Collected data:
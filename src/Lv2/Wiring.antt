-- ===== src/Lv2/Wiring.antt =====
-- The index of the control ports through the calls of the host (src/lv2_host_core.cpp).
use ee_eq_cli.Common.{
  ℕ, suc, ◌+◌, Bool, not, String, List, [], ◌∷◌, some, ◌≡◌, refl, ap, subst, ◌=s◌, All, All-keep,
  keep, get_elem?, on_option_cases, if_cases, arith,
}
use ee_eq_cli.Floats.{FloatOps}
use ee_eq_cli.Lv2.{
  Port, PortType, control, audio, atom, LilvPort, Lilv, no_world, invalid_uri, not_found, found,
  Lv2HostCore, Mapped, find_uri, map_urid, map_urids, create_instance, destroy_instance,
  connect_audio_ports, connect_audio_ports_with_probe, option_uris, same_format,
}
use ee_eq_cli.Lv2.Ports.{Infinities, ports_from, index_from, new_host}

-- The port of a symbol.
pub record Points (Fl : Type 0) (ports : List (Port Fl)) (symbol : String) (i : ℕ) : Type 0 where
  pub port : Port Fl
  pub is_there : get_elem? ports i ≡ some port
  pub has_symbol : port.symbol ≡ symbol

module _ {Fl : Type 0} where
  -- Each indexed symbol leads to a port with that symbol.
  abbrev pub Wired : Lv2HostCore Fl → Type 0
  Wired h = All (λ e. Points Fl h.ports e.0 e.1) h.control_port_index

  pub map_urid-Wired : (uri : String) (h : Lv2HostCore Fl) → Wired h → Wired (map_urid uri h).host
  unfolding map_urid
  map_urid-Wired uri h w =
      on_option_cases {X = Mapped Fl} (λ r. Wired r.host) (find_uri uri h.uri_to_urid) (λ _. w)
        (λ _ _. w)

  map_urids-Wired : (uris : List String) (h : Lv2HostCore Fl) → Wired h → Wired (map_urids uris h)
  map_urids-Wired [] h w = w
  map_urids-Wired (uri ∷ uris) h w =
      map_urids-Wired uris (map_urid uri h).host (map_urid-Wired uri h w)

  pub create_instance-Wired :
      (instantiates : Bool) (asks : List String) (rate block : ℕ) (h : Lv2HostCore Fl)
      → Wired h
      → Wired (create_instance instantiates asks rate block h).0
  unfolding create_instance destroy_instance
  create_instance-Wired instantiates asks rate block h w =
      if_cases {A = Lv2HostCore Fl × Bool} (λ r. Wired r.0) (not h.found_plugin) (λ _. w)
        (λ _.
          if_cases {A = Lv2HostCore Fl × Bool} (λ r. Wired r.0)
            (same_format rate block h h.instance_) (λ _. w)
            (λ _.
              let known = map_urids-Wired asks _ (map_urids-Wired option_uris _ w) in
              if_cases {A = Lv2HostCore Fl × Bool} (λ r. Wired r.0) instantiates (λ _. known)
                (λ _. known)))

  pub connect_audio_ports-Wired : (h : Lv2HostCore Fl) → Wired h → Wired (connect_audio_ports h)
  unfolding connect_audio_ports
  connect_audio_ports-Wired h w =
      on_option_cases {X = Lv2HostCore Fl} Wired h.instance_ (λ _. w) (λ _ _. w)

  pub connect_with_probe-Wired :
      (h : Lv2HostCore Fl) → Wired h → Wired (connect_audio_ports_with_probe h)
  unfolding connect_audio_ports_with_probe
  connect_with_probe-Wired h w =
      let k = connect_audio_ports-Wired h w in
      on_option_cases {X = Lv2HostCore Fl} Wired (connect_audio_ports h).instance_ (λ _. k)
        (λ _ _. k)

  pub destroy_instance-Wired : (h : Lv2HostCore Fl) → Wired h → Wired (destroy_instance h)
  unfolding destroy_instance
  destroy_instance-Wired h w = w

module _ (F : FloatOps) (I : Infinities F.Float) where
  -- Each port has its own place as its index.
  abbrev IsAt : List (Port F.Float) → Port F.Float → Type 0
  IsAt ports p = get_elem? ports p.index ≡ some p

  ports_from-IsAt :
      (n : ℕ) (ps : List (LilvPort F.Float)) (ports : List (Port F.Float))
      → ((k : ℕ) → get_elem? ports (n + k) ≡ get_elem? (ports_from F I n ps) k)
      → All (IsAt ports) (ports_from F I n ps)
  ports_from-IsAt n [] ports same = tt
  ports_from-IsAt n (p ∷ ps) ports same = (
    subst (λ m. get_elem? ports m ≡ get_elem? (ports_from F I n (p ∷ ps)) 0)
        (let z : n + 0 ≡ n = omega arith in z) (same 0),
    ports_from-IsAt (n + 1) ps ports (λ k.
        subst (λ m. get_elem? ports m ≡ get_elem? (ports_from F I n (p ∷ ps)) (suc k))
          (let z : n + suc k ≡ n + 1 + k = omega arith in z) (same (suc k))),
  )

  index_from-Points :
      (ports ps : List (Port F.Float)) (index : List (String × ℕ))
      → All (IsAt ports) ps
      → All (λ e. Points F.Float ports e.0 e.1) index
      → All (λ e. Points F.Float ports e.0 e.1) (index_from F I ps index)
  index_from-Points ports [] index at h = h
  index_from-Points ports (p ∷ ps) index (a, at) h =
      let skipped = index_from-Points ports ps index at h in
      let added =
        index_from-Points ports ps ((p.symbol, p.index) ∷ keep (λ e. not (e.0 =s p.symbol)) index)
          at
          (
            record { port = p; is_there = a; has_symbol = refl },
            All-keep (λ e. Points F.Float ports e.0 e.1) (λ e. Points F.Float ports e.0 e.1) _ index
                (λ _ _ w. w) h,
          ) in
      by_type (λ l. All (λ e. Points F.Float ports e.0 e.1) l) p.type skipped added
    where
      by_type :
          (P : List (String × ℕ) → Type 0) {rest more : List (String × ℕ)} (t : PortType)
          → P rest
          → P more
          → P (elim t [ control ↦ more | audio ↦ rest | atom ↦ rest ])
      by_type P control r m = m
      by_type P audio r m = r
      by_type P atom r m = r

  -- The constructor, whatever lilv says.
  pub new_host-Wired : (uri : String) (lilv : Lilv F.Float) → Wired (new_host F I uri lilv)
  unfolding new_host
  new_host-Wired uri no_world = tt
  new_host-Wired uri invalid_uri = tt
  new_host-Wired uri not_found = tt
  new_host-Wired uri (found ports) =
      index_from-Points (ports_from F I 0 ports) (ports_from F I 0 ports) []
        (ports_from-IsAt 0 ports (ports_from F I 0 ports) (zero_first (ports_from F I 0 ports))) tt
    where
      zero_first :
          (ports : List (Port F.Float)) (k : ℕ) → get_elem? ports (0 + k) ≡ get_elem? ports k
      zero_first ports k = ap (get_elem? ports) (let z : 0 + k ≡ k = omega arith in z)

- _Task objective_: Pick from the records each line that contains the word "arith" and show it.

- _Reply to the exercise_:
  keep, get_elem?, on_option_cases, if_cases, arith,
        (let z : n + 0 ≡ n = omega arith in z) (same 0),
          (let z : n + suc k ≡ n + 1 + k = omega arith in z) (same (suc k))),
      zero_first ports k = ap (get_elem? ports) (let z : 0 + k ≡ k = omega arith in z)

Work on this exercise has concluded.